We have received an outpouring of calls and emails asking about plans and services to memorialize this amazing woman, mother, grandmother and community leader. In this regard, Bette chose to be cremated at a private ceremony with her immediate family. However, keeping with the Bette tradition, she also wants a memorial ceremony to be held in and around her beloved Smith Street where people who know Bette will have an opportunity to speak, and, which will be followed by drinking and a procession down Smith Street that she wants to be more like a parade than a funeral so that we may celebrate her life. We are in the process of finalizing dates and locations and will send that information along shortly. If you chose to memorialize her as well let us know and we will spread the word, join you in raising our glasses and keep her alive in our hearts forever.
In lieu of cards and flowers donations can be made to The Culinary Arts Program at the School for International Studies through SBLDC so that her work may continue. South Brooklyn LDC is a 501c3 Tax Exempt Corporation. Your donations are fully Tax Deductible. 100% of every donation made to support the Culinary Arts Program will go to buying food and equipment for this program. In addition we would like to support the cost of bus trips to nearby colleges that have culinary programs. Send your contribution payable to South Brooklyn LDC – 268 Smith Street, Brooklyn, NY 11231 and just indicate that it is for the Culinary Program.
Thank you.
Michael, Erica, Patrick, Van and Shirley.
Tributes to Bette Stoltz
Craig Hammerman, CB6 District Manager in December 2015 CB6 monthly Newsletter
Katia Kelly of the blog " Pardon me for Asking" On The Passing Of Bette Stoltz, Who Helped Revitalize Smith Street, "The Little Street That Could"
Councilman Brad Lander, Remembering Bette Stoltz a Champion of South Brooklyn
Congresswoman Nydia Velazquez "On the passing of Bette Stoltz"
“I’m profoundly saddened by the passing of Bette Stoltz. Our community has lost a dedicated activist, advocate and leader who will be deeply missed.
“Bette made so many contributions to South Brooklyn that one would be hard pressed to account for them all. She was instrumental to revitalizing Smith Street and helping it become a home to thriving businesses that add so much cultural life and vibrancy to our area. She organized the Smith Street Festivals in the fall and the Bastille Day Pétanque Tornament. She never stopped working to ensure Smith Street remained a thriving community anchor.

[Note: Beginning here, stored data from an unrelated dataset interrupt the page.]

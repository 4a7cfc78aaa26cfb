-- ===== src/Mesh/Reachable.antt =====
-- core/src/mesh.rs and core/src/files.rs: everything that can happen to a node, in any order. A
-- handler that waits carries what the other threads do meanwhile, which is a run itself.
use mesh_chat.Prelude.{
  ℕ, ◌+◌, Text, Bytes, Option, List, [], ◌∷◌, map, Bool, true, false, All, refl,
}
use mesh_chat.Error.{Error, IoError, Result, ok, err}
use mesh_chat.Transport.{TransportKind}
use mesh_chat.Protocol.{ℤ, PeerInfo, Checked, returns, panics}
use mesh_chat.Node.{Node, Env, Peer, Link, new, set_display_name}
use mesh_chat.Mesh.Accepting.{accept_step, took, stopped}
use mesh_chat.Node.TransferState.{Decision}
use mesh_chat.Files.Answering.{respond_offer}
use mesh_chat.Files.Integrity.{After}
use mesh_chat.Files.Outgoing.{Metadata, Read, send_file}
use mesh_chat.Files.Streaming.{Sending, Turn, send_file_to}
use mesh_chat.Mesh.{reader_step, send_chat, leave}
use mesh_chat.Mesh.Linked.{AreLinked, AreLinked-SameLinks, SameLinks}
use mesh_chat.Mesh.Teardown.{leave-AreLinked}
use mesh_chat.Mesh.FileLinks.{after_call, respond_offer-SameLinks}
use mesh_chat.Mesh.Admission.{handle_incoming}
use mesh_chat.Mesh.Admission.Answering.{approve}
use mesh_chat.Mesh.Admission.Linked.{Keeps}
use mesh_chat.Mesh.Admission.Incoming.{handle_incoming-Keeps, approve-Keeps}
use mesh_chat.Mesh.Rooms.{Listening, host_room, reopen_joining, join, await_welcome}
use mesh_chat.Mesh.Rooms.Attempts.{Attempt, dial_peer}
use mesh_chat.Mesh.Rooms.Linked.{
  host_room-Keeps, reopen_joining-Keeps, join-Keeps, await_welcome-Keeps,
}
use mesh_chat.Mesh.Offering.{send_file-Keeps}
use mesh_chat.Mesh.Rooms.Dialling.{dial_peer-Keeps}
use mesh_chat.Mesh.Sessions.{reader_step-AreLinked, send_chat-Keeps}
use mesh_chat.Mesh.Streaming.{send_file_to-Keeps, OpenedKeeps, TurnKeeps}

-- A panic ends the program, so the node stays as it was.
abbrev pub settled : Checked Node → Node → Node
settled (returns m) n = m
settled panics n = n

-- What happens while an opened file is read.
abbrev pub interludes : Result IoError (List Turn) → List (Node → Node)
interludes (err e) = []
interludes (ok turns) = map (λ t. t.meanwhile) turns

mutual
  pub data Runs (env : Env) : (Node → Node) → Type 0 where
    idles : Runs env (λ n. n)
    goes_on : (f g : Node → Node) → Runs env f → Runs env g → Runs env (λ n. g (f n))
    ticks : (ms : ℕ) (wall : ℤ) → Runs env (λ n. record n { clock = n.clock + ms; wall = wall })
    renames : (name : Text) → Runs env (set_display_name name)
    hosts :
        (is_v6 : Text → Bool) (kind : TransportKind) (ttl : ℕ) (l : Result Error Listening)
        → Runs env (λ n. (host_room is_v6 kind ttl l n).1)
    reopens : (ttl : ℕ) → Runs env (λ n. (reopen_joining ttl n).1)
    joins :
        (kind : TransportKind) (code : Text) (l : Result Error Listening)
        (connect : Text → Result Error Link)
        → Runs env (λ n. (join env kind code l connect n).1)
    hears_host :
        (link : Link) (reply : Result Error Bytes) → Runs env (await_welcome env link reply)
    dials :
        (info : PeerInfo) (x y z : Attempt)
        → RunsEach env
            (x.before ∷ x.meanwhile ∷ y.before ∷ y.meanwhile ∷ z.before ∷ z.meanwhile ∷ [])
        → Runs env (dial_peer env info x y z)
    takes_call :
        (link : Link) (label : Text) (rounds : List (Node → Node))
        (handshake : Result Error (Unit {0})) (first : Result Error Bytes)
        → RunsEach env rounds
        → Runs env (handle_incoming env link label rounds handshake first)
    accepts_one : (stream : Result IoError Link) → Runs env (λ n. (accept_step stream n).1)
    answers : (req : Text) (accepted : Bool) → Runs env (λ n. (approve env req accepted n).1)
    receives :
        (p : Peer) (received : Result Error Bytes)
        → Runs env (λ n. settled (after_call (reader_step env p received n)) n)
    chats : (id body : Text) → Runs env (λ n. (send_chat env id body n).1)
    replies :
        (transfer : Text) (save_to : Option (Text × Result IoError (Unit {0})))
        → Runs env (λ n. settled (after_call (respond_offer env transfer save_to n)) n)
    sends_file :
        (s : Sending) (meanwhile : Node → Node) (d : Option Decision)
        (opened : Result IoError (List Turn))
        → Runs env meanwhile
        → RunsEach env (interludes opened)
        → Runs env (send_file_to env s meanwhile d opened)
    offers_file :
        (path : Text) (file_name : Option Text) (metadata : Result IoError Metadata)
        (opened : Result IoError (List Read))
        → Runs env (λ n. (send_file env path file_name metadata opened n).1)
    leaves : Runs env (leave env)

  pub data RunsEach (env : Env) : List (Node → Node) → Type 0 where
    none_left : RunsEach env []
    one_more :
        (f : Node → Node) (fs : List (Node → Node))
        → Runs env f
        → RunsEach env fs
        → RunsEach env (f ∷ fs)

settled-AreLinked :
    (r : Checked Node) (n : Node)
    → AreLinked n
    → After (λ m. AreLinked m) r
    → AreLinked (settled r n)
settled-AreLinked (returns m) n h k = k
settled-AreLinked panics n h k = h

replied :
    (n : Node) (r : Checked Node)
    → After (λ m. SameLinks n m) r
    → AreLinked n
    → AreLinked (settled r n)
replied n (returns m) s h = AreLinked-SameLinks n m s h
replied n panics s h = h

opened_each :
    (opened : Result IoError (List Turn))
    → All (λ f. Keeps f) (interludes opened)
    → OpenedKeeps opened
opened_each (err e) k = tt
opened_each (ok turns) k = each turns k
  where
    each :
        (ts : List Turn)
        → All (λ f. Keeps f) (map (λ t. t.meanwhile) ts)
        → All (λ t. TurnKeeps t) ts
    each [] k = tt
    each (t ∷ ts) k = (k.0, each ts k.1)

accept_step-Keeps :
    (stream : Result IoError Link) (n : Node) → AreLinked n → AreLinked (accept_step stream n).1
unfolding accept_step
accept_step-Keeps (ok stream) n h = go n.running
  where
    go : (b : Bool) → AreLinked (took b stream n).1
    go true = h
    go false = h
accept_step-Keeps (err e) n h = go n.running
  where
    go : (b : Bool) → AreLinked (stopped b n).1
    go true = h
    go false = h

mutual
  unfolding set_display_name

  pub Runs-Keeps : (env : Env) (f : Node → Node) → Runs env f → Keeps f
  Runs-Keeps env _ idles n h = h
  Runs-Keeps env _ (goes_on f g x y) n h = Runs-Keeps env g y (f n) (Runs-Keeps env f x n h)
  Runs-Keeps env _ (ticks ms wall) n h = h
  Runs-Keeps env _ (renames name) n h = h
  Runs-Keeps env _ (hosts is_v6 kind ttl l) n h = host_room-Keeps is_v6 kind ttl l n h
  Runs-Keeps env _ (reopens ttl) n h = reopen_joining-Keeps ttl n h
  Runs-Keeps env _ (joins kind code l connect) n h = join-Keeps env kind code l connect n h
  Runs-Keeps env _ (hears_host link reply) n h = await_welcome-Keeps env link reply n h
  Runs-Keeps env _ (dials info x y z w) n h =
      let k =
        RunsEach-Keeps env
          (x.before ∷ x.meanwhile ∷ y.before ∷ y.meanwhile ∷ z.before ∷ z.meanwhile ∷ []) w in
      dial_peer-Keeps env info x y z
        ((k.0, k.1.0), ((k.1.1.0, k.1.1.1.0), ((k.1.1.1.1.0, k.1.1.1.1.1.0), tt))) n h
  Runs-Keeps env _ (takes_call link label rounds handshake first w) n h =
      handle_incoming-Keeps env link label rounds handshake first (RunsEach-Keeps env rounds w) n h
  Runs-Keeps env _ (accepts_one stream) n h = accept_step-Keeps stream n h
  Runs-Keeps env _ (answers req accepted) n h = approve-Keeps env req accepted n h
  Runs-Keeps env _ (receives p received) n h =
      settled-AreLinked (after_call (reader_step env p received n)) n h
        (reader_step-AreLinked env p received n h)
  Runs-Keeps env _ (chats id body) n h = send_chat-Keeps env id body n h
  Runs-Keeps env _ (replies transfer save_to) n h =
      replied n (after_call (respond_offer env transfer save_to n))
        (respond_offer-SameLinks env transfer save_to n) h
  Runs-Keeps env _ (sends_file s meanwhile d opened x w) n h =
      send_file_to-Keeps env s meanwhile d opened (Runs-Keeps env meanwhile x)
        (opened_each opened (RunsEach-Keeps env (interludes opened) w)) n h
  Runs-Keeps env _ (offers_file path file_name metadata opened) n h =
      send_file-Keeps env path file_name metadata opened n h
  Runs-Keeps env _ leaves n h = leave-AreLinked env n h

  RunsEach-Keeps : (env : Env) (fs : List (Node → Node)) → RunsEach env fs → All (λ f. Keeps f) fs
  RunsEach-Keeps env [] none_left = tt
  RunsEach-Keeps env (f ∷ fs) (one_more _ _ x w) = (Runs-Keeps env f x, RunsEach-Keeps env fs w)

new-AreLinked : (id name fingerprint : Text) → AreLinked (new id name fingerprint)
unfolding new
new-AreLinked id name fingerprint = (tt, tt, λ down. refl)

-- Whatever happens to a new node, and in whatever order (hosting, joining, calls, approvals, messages
-- of peers, chat, transfers, leaving, with what other threads do while a handler waits): each peer in
-- its map stands there once, under its own id, and a node that is in no room has no peer left.
pub Runs-AreLinked :
    (env : Env) (id name fingerprint : Text) (f : Node → Node)
    → Runs env f
    → AreLinked (f (new id name fingerprint))
Runs-AreLinked env id name fingerprint f x =
    Runs-Keeps env f x (new id name fingerprint) (new-AreLinked id name fingerprint)
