-- ===== src/Mesh/Runs.antt =====
-- Concrete runs of the node.
use mesh_chat.Prelude.{
  map, some, true, key_eq, Text, text, none, [], ◌∷◌, ◌++◌, false, ◌≡◌, ◌≤◌, arith, refl, ◌⊎◌, All,
  if◌then◌else◌, ◌&&◌,
}
use mesh_chat.Prelude.Assoc.{lookup, values, contains_key}
use mesh_chat.Error.{ok}
use mesh_chat.Node.{Pending, Node, new, is_host_role}
use mesh_chat.Mesh.{attach_peer, leave, peer_gone}
use mesh_chat.Mesh.Linked.{AreLinked}
use mesh_chat.Mesh.Reachable.{Runs-AreLinked, chats, leaves, goes_on}
use mesh_chat.Mesh.Departures.{IsClosed, leave-IsClosed, attach_peer-leave}
use mesh_chat.Mesh.PeerGone.{peer_gone_once}
use mesh_chat.Mesh.Admission.{on_hello, hello_problem}
use mesh_chat.Mesh.Admission.Answering.{approve}
use mesh_chat.Mesh.Admission.Hello.{Admits, Parked, TurnedAway, on_hello_verdict}
use mesh_chat.Mesh.{send_chat}
use mesh_chat.Names.{normalize_code}
use mesh_chat.Mesh.Admission.Approval.{sent_on_approval, approve-payloads}
use mesh_chat.Mesh.Delivery.{each_of, send_chat-payloads}
use mesh_chat.Node.Payloads.{payloads, Encodes}
use mesh_chat.Protocol.{peer_joined, welcome, ℤ, chat, encode_control}
use mesh_chat.Text.{is_empty, byte_len, is_whitespace}
use mesh_chat.Text.Trim.{trim, trim_by, trim_start_by}
use mesh_chat.Text.{is_ascii_alphanumeric, to_ascii_uppercase}
use mesh_chat.Samples.{only_id, sample_env, ann, ben, ann_peer, hosting}

abbrev chat_and_leave : Node → Node
chat_and_leave n = leave sample_env (send_chat sample_env [] (104 ∷ 105 ∷ []) n).1

Runs-AreLinked_example : AreLinked (chat_and_leave (new (77 ∷ []) (77 ∷ []) []))
Runs-AreLinked_example = Runs-AreLinked sample_env (77 ∷ []) (77 ∷ []) [] chat_and_leave (
    goes_on (λ n. (send_chat sample_env [] (104 ∷ 105 ∷ []) n).1) (leave sample_env)
      (chats [] (104 ∷ 105 ∷ [])) leaves)

on_hello_verdict_example :
    (Admits 1 (97 ∷ 45 ∷ 98 ∷ []) ben hosting
      × Parked sample_env 9 ben [] hosting
          (on_hello sample_env 9 1 (97 ∷ 45 ∷ 98 ∷ []) ben [] hosting))
    ⊎ ((Admits 1 (97 ∷ 45 ∷ 98 ∷ []) ben hosting → ⊥)
        × TurnedAway 9 hosting (on_hello sample_env 9 1 (97 ∷ 45 ∷ 98 ∷ []) ben [] hosting))
on_hello_verdict_example = on_hello_verdict sample_env 9 1 (97 ∷ 45 ∷ 98 ∷ []) ben [] hosting

-- Ben is let in to the operator, Ann is in the room.
hello_admitted : hello_problem 1 (97 ∷ 45 ∷ 98 ∷ []) ben hosting ≡ none
unfolding hello_problem key_eq normalize_code is_ascii_alphanumeric to_ascii_uppercase new lookup
hello_admitted = refl

hello_known :
    hello_problem 1 (97 ∷ 45 ∷ 98 ∷ []) ann hosting
    ≡ some (text "a peer with that id is already in the room")
unfolding hello_problem key_eq normalize_code is_ascii_alphanumeric to_ascii_uppercase new lookup
    text
hello_known = refl

attach_peer-leave_example :
    (IsClosed 9 (leave sample_env (attach_peer sample_env ben 9 hosting))
      × ((leave sample_env (attach_peer sample_env ben 9 hosting)).peers ≡ []))
    × (IsClosed 9 (attach_peer sample_env ben 9 (leave sample_env hosting))
        × ((attach_peer sample_env ben 9 (leave sample_env hosting)).peers ≡ []))
attach_peer-leave_example = attach_peer-leave sample_env ben 9 hosting refl

leave-IsClosed_example :
    All (λ p. IsClosed p.link (leave sample_env hosting)) (values hosting.peers)
    × All (λ p. IsClosed p.link (leave sample_env hosting)) (values hosting.pending)
leave-IsClosed_example = leave-IsClosed sample_env hosting refl

peer_gone_once_example :
    ((id : Text)
      → lookup id (peer_gone sample_env ann_peer [] hosting).peers
        ≡ (if key_eq ann.id id then none else lookup id hosting.peers))
    × ((id : Text)
        → lookup id (peer_gone sample_env ann_peer [] hosting).roster ≡ (
            if contains_key ann.id hosting.peers && (is_host_role hosting.role && key_eq ann.id id)
            then none
            else lookup id hosting.roster))
    × (peer_gone sample_env ann_peer [] (peer_gone sample_env ann_peer [] hosting)
        ≡ peer_gone sample_env ann_peer [] hosting)
peer_gone_once_example = peer_gone_once sample_env ann_peer [] [] hosting

-- A host without a name, whose lines the sample library can write.
abbrev nameless : Node
nameless = record hosting {
  me = record { id = []; name = []; addr = []; fingerprint = [] };
  wall = ℤ.pos 0;
}

line_full : is_empty (trim (104 ∷ 105 ∷ [])) ≡ false
unfolding trim trim_by trim_start_by is_whitespace
line_full = refl

line_short : byte_len (trim (104 ∷ 105 ∷ [])) ≤ 8000
unfolding trim trim_by trim_start_by is_whitespace byte_len
line_short = omega arith

line_encoded :
    Encodes sample_env (chat [] [] [] (ℤ.pos 0) (trim (104 ∷ 105 ∷ []))) (1 ∷ 4 ∷ 104 ∷ 105 ∷ [])
unfolding trim trim_by trim_start_by is_whitespace encode_control
line_encoded = (refl, omega arith)

send_chat-payloads_example :
    ((send_chat sample_env [] (104 ∷ 105 ∷ []) nameless).0 ≡ ok tt)
    × (payloads (send_chat sample_env [] (104 ∷ 105 ∷ []) nameless).1.out
        ≡ payloads nameless.out ++ each_of (values nameless.peers) (1 ∷ 4 ∷ 104 ∷ 105 ∷ []))
send_chat-payloads_example =
    send_chat-payloads sample_env [] (104 ∷ 105 ∷ []) (1 ∷ 4 ∷ 104 ∷ 105 ∷ []) nameless line_full
      line_short line_encoded

-- A joiner with nothing but an id, whose request waits at the host without a name.
abbrev cid : Pending
cid = record { info = only_id (67 ∷ []); link = 8 }

abbrev asked : Node
asked = record nameless { pending = (49 ∷ [], cid) ∷ []; peers = [] }

asked_found : lookup (49 ∷ []) asked.pending ≡ some cid
unfolding lookup key_eq
asked_found = refl

joined_encoded : Encodes sample_env (peer_joined cid.info) (1 ∷ 5 ∷ 67 ∷ [])
unfolding encode_control
joined_encoded = (refl, omega arith)

welcome_encoded :
    Encodes sample_env
      (welcome asked.room asked.me (map (λ q. q.info) (values asked.peers)))
      (1 ∷ 6 ∷ 65 ∷ 66 ∷ [])
unfolding encode_control
welcome_encoded = (refl, omega arith)

approve-payloads_example :
    ((approve sample_env (49 ∷ []) true asked).0 ≡ ok tt)
    × (payloads (approve sample_env (49 ∷ []) true asked).1.out
        ≡ sent_on_approval asked cid (1 ∷ 5 ∷ 67 ∷ []) (1 ∷ 6 ∷ 65 ∷ 66 ∷ []))
approve-payloads_example =
    approve-payloads sample_env (49 ∷ []) cid (1 ∷ 5 ∷ 67 ∷ []) (1 ∷ 6 ∷ 65 ∷ 66 ∷ []) asked
      asked_found joined_encoded welcome_encoded (λ log. refl)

“Her efforts went well beyond Smith Street. By starting the South Brooklyn Local Development Corporation and the Red Hook Chamber of Commerce, she worked tirelessly to expand opportunity and commerce throughout Brooklyn. She helped organize Friends of Greater Gowanus and served on the EPA Gowanus Canal Community Advisory Group, working on multiple fronts to push to remediate and restore the Gowanus Canal in a green, sustainable manner. She helped to institute a Culinary Arts Curriculum at the High School for International Studies on Baltic Street. For years, Bette served as a member of Community Board 6.
“The fact is, in so many ways, South Brooklyn would not be as vibrant, diverse and culturally rich without Bette’s many contributions. She leaves behind a proud legacy, one that we will honor by continuing to improve our community. My thoughts and prayers are with her husband, Michael, her children and her beloved grandchildren.”